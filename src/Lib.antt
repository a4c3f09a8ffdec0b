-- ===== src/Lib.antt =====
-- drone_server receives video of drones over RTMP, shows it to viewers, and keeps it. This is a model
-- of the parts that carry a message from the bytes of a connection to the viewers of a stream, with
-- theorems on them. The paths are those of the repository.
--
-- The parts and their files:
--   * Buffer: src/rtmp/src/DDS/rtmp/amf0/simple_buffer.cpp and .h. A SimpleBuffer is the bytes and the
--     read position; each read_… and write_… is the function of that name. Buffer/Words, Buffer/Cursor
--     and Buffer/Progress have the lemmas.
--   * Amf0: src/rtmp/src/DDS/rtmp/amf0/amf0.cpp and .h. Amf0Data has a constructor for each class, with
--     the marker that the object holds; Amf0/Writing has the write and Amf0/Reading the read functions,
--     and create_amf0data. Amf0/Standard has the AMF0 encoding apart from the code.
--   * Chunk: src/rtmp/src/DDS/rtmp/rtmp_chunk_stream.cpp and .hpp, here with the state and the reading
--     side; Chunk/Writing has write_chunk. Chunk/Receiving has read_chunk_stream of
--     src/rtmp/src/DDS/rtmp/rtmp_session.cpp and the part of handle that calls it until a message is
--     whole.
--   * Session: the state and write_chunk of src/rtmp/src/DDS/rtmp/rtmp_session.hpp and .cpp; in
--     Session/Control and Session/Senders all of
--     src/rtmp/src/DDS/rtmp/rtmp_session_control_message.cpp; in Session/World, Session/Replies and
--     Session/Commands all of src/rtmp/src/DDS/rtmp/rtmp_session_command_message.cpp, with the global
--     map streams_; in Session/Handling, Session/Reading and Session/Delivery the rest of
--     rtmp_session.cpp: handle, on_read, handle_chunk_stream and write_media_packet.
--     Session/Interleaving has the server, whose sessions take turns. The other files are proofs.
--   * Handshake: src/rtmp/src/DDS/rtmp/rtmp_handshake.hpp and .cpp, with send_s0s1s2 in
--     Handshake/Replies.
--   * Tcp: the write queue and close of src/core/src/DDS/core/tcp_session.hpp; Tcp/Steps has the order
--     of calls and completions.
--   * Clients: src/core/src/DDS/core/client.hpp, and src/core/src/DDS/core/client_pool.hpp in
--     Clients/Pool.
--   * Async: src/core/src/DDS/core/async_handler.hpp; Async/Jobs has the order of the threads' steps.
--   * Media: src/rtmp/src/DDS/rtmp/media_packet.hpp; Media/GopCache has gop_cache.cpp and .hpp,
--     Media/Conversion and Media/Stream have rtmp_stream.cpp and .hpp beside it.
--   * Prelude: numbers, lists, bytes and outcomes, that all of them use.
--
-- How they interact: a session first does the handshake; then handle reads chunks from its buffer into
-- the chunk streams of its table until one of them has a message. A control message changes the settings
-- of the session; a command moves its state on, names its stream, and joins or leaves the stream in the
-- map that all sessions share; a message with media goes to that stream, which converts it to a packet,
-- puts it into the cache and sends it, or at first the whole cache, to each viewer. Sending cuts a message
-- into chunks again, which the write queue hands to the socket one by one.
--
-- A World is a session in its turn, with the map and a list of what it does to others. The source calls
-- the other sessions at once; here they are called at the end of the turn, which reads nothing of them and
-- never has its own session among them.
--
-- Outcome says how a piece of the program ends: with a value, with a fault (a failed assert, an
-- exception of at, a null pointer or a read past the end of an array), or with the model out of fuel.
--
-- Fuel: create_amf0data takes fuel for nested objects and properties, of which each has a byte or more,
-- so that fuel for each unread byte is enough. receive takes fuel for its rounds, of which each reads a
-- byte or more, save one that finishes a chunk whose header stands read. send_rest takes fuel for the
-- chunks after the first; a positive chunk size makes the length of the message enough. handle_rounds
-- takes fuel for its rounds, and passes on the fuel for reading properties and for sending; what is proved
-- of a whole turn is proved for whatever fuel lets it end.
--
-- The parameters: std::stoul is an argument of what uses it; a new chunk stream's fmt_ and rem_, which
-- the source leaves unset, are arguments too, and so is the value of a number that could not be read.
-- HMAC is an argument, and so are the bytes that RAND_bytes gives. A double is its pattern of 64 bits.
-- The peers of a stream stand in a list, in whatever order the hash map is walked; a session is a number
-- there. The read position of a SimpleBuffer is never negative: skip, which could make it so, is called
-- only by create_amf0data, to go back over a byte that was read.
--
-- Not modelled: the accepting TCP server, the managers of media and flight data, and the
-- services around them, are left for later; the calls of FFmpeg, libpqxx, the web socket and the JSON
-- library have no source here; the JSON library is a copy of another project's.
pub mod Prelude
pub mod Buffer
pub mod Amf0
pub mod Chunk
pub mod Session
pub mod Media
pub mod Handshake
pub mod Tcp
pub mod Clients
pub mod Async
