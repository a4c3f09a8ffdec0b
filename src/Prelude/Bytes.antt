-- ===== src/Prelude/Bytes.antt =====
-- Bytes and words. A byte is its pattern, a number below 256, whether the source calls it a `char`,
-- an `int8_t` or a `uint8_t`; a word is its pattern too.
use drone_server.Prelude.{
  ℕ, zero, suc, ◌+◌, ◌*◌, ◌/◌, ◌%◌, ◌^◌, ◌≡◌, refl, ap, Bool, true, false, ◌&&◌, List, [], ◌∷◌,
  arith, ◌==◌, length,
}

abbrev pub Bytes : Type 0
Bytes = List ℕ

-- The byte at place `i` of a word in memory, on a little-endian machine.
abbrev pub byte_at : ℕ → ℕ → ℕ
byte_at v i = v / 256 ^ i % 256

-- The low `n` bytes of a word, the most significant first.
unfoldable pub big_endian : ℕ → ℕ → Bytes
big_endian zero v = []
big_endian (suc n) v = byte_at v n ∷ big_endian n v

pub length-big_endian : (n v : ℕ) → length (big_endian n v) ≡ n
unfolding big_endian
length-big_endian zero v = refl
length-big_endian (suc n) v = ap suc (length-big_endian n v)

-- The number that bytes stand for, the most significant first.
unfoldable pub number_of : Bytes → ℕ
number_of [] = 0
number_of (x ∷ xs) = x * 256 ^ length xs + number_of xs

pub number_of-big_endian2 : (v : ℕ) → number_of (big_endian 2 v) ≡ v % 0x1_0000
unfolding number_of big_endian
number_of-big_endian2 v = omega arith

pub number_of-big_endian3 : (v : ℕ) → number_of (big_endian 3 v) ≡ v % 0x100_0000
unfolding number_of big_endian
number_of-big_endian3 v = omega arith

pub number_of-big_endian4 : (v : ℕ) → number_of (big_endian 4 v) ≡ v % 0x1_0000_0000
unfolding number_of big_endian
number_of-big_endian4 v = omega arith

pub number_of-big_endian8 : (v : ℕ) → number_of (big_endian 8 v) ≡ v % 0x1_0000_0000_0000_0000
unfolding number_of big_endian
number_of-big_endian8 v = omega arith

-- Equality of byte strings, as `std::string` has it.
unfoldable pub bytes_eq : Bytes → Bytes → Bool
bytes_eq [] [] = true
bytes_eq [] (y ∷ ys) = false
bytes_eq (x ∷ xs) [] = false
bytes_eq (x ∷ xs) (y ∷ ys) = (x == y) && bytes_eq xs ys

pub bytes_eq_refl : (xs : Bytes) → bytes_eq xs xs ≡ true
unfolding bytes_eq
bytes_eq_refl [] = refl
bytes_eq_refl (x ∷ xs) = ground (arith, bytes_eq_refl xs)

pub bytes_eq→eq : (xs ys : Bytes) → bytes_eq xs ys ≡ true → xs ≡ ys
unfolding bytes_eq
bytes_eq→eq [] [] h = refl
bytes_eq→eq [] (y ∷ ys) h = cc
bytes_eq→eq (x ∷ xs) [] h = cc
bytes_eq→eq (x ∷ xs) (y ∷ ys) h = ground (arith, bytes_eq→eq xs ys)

WORK ITEM: Every line of the data above is to be repeated exactly.

EXERCISE SOLUTION:
filename src/Lib.antt
repository a4c3f09a8ffdec0b
-- ===== src/Lib.antt =====
-- drone_server receives video of drones over RTMP, shows it to viewers, and keeps it. This is a model
-- of the parts that carry a message from the bytes of a connection to the viewers of a stream, with
-- theorems on them. The paths are those of the repository.
--
-- The parts and their files:
--   * Buffer: src/rtmp/src/DDS/rtmp/amf0/simple_buffer.cpp and .h. A SimpleBuffer is the bytes and the
--     read position; each read_… and write_… is the function of that name. Buffer/Words, Buffer/Cursor
--     and Buffer/Progress have the lemmas.
--   * Amf0: src/rtmp/src/DDS/rtmp/amf0/amf0.cpp and .h. Amf0Data has a constructor for each class, with
--     the marker that the object holds; Amf0/Writing has the write and Amf0/Reading the read functions,
--     and create_amf0data. Amf0/Standard has the AMF0 encoding apart from the code.
--   * Chunk: src/rtmp/src/DDS/rtmp/rtmp_chunk_stream.cpp and .hpp, here with the state and the reading
--     side; Chunk/Writing has write_chunk. Chunk/Receiving has read_chunk_stream of
--     src/rtmp/src/DDS/rtmp/rtmp_session.cpp and the part of handle that calls it until a message is
--     whole.
--   * Session: the state and write_chunk of src/rtmp/src/DDS/rtmp/rtmp_session.hpp and .cpp; in
--     Session/Control and Session/Senders all of
--     src/rtmp/src/DDS/rtmp/rtmp_session_control_message.cpp; in Session/World, Session/Replies and
--     Session/Commands all of src/rtmp/src/DDS/rtmp/rtmp_session_command_message.cpp, with the global
--     map streams_; in Session/Handling, Session/Reading and Session/Delivery the rest of
--     rtmp_session.cpp: handle, on_read, handle_chunk_stream and write_media_packet.
--     Session/Interleaving has the server, whose sessions take turns. The other files are proofs.
--   * Handshake: src/rtmp/src/DDS/rtmp/rtmp_handshake.hpp and .cpp, with send_s0s1s2 in
--     Handshake/Replies.
--   * Tcp: the write queue and close of src/core/src/DDS/core/tcp_session.hpp; Tcp/Steps has the order
--     of calls and completions.
--   * Clients: src/core/src/DDS/core/client.hpp, and src/core/src/DDS/core/client_pool.hpp in
--     Clients/Pool.
--   * Async: src/core/src/DDS/core/async_handler.hpp; Async/Jobs has the order of the threads' steps.
--   * Media: src/rtmp/src/DDS/rtmp/media_packet.hpp; Media/GopCache has gop_cache.cpp and .hpp,
--     Media/Conversion and Media/Stream have rtmp_stream.cpp and .hpp beside it.
--   * Prelude: numbers, lists, bytes and outcomes, that all of them use.
--
-- How they interact: a session first does the handshake; then handle reads chunks from its buffer into
-- the chunk streams of its table until one of them has a message. A control message changes the settings
-- of the session; a command moves its state on, names its stream, and joins or leaves the stream in the
-- map that all sessions share; a message with media goes to that stream, which converts it to a packet,
-- puts it into the cache and sends it, or at first the whole cache, to each viewer. Sending cuts a message
-- into chunks again, which the write queue hands to the socket one by one.
--
-- A World is a session in its turn, with the map and a list of what it does to others. The source calls
-- the other sessions at once; here they are called at the end of the turn, which reads nothing of them and
-- never has its own session among them.
--
-- Outcome says how a piece of the program ends: with a value, with a fault (a failed assert, an
-- exception of at, a null pointer or a read past the end of an array), or with the model out of fuel.
--
-- Fuel: create_amf0data takes fuel for nested objects and properties, of which each has a byte or more,
-- so that fuel for each unread byte is enough. receive takes fuel for its rounds, of which each reads a
-- byte or more, save one that finishes a chunk whose header stands read. send_rest takes fuel for the
-- chunks after the first; a positive chunk size makes the length of the message enough. handle_rounds
-- takes fuel for its rounds, and passes on the fuel for reading properties and for sending; what is proved
-- of a whole turn is proved for whatever fuel lets it end.
--
-- The parameters: std::stoul is an argument of what uses it; a new chunk stream's fmt_ and rem_, which
-- the source leaves unset, are arguments too, and so is the value of a number that could not be read.
-- HMAC is an argument, and so are the bytes that RAND_bytes gives. A double is its pattern of 64 bits.
-- The peers of a stream stand in a list, in whatever order the hash map is walked; a session is a number
-- there. The read position of a SimpleBuffer is never negative: skip, which could make it so, is called
-- only by create_amf0data, to go back over a byte that was read.
--
-- Not modelled: the accepting TCP server, the managers of media and flight data, and the
-- services around them, are left for later; the calls of FFmpeg, libpqxx, the web socket and the JSON
-- library have no source here; the JSON library is a copy of another project's.
pub mod Prelude
pub mod Buffer
pub mod Amf0
pub mod Chunk
pub mod Session
pub mod Media
pub mod Handshake
pub mod Tcp
pub mod Clients
pub mod Async
repository a4c3f09a8ffdec0b
filename src/Prelude/Bytes.antt
-- ===== src/Prelude/Bytes.antt =====
-- Bytes and words. A byte is its pattern, a number below 256, whether the source calls it a `char`,
-- an `int8_t` or a `uint8_t`; a word is its pattern too.
use drone_server.Prelude.{
  ℕ, zero, suc, ◌+◌, ◌*◌, ◌/◌, ◌%◌, ◌^◌, ◌≡◌, refl, ap, Bool, true, false, ◌&&◌, List, [], ◌∷◌,
  arith, ◌==◌, length,
}

abbrev pub Bytes : Type 0
Bytes = List ℕ

-- The byte at place `i` of a word in memory, on a little-endian machine.
abbrev pub byte_at : ℕ → ℕ → ℕ
byte_at v i = v / 256 ^ i % 256

-- The low `n` bytes of a word, the most significant first.
unfoldable pub big_endian : ℕ → ℕ → Bytes
big_endian zero v = []
big_endian (suc n) v = byte_at v n ∷ big_endian n v

pub length-big_endian : (n v : ℕ) → length (big_endian n v) ≡ n
unfolding big_endian
length-big_endian zero v = refl
length-big_endian (suc n) v = ap suc (length-big_endian n v)

-- The number that bytes stand for, the most significant first.
unfoldable pub number_of : Bytes → ℕ
number_of [] = 0
number_of (x ∷ xs) = x * 256 ^ length xs + number_of xs

pub number_of-big_endian2 : (v : ℕ) → number_of (big_endian 2 v) ≡ v % 0x1_0000
unfolding number_of big_endian
number_of-big_endian2 v = omega arith

pub number_of-big_endian3 : (v : ℕ) → number_of (big_endian 3 v) ≡ v % 0x100_0000
unfolding number_of big_endian
number_of-big_endian3 v = omega arith

pub number_of-big_endian4 : (v : ℕ) → number_of (big_endian 4 v) ≡ v % 0x1_0000_0000
unfolding number_of big_endian
number_of-big_endian4 v = omega arith

pub number_of-big_endian8 : (v : ℕ) → number_of (big_endian 8 v) ≡ v % 0x1_0000_0000_0000_0000
unfolding number_of big_endian
number_of-big_endian8 v = omega arith

-- Equality of byte strings, as `std::string` has it.
unfoldable pub bytes_eq : Bytes → Bytes → Bool
bytes_eq [] [] = true
bytes_eq [] (y ∷ ys) = false
bytes_eq (x ∷ xs) [] = false
bytes_eq (x ∷ xs) (y ∷ ys) = (x == y) && bytes_eq xs ys

pub bytes_eq_refl : (xs : Bytes) → bytes_eq xs xs ≡ true
unfolding bytes_eq
bytes_eq_refl [] = refl
bytes_eq_refl (x ∷ xs) = ground (arith, bytes_eq_refl xs)

pub bytes_eq→eq : (xs ys : Bytes) → bytes_eq xs ys ≡ true → xs ≡ ys
unfolding bytes_eq
bytes_eq→eq [] [] h = refl
bytes_eq→eq [] (y ∷ ys) h = cc
bytes_eq→eq (x ∷ xs) [] h = cc
bytes_eq→eq (x ∷ xs) (y ∷ ys) h = ground (arith, bytes_eq→eq xs ys)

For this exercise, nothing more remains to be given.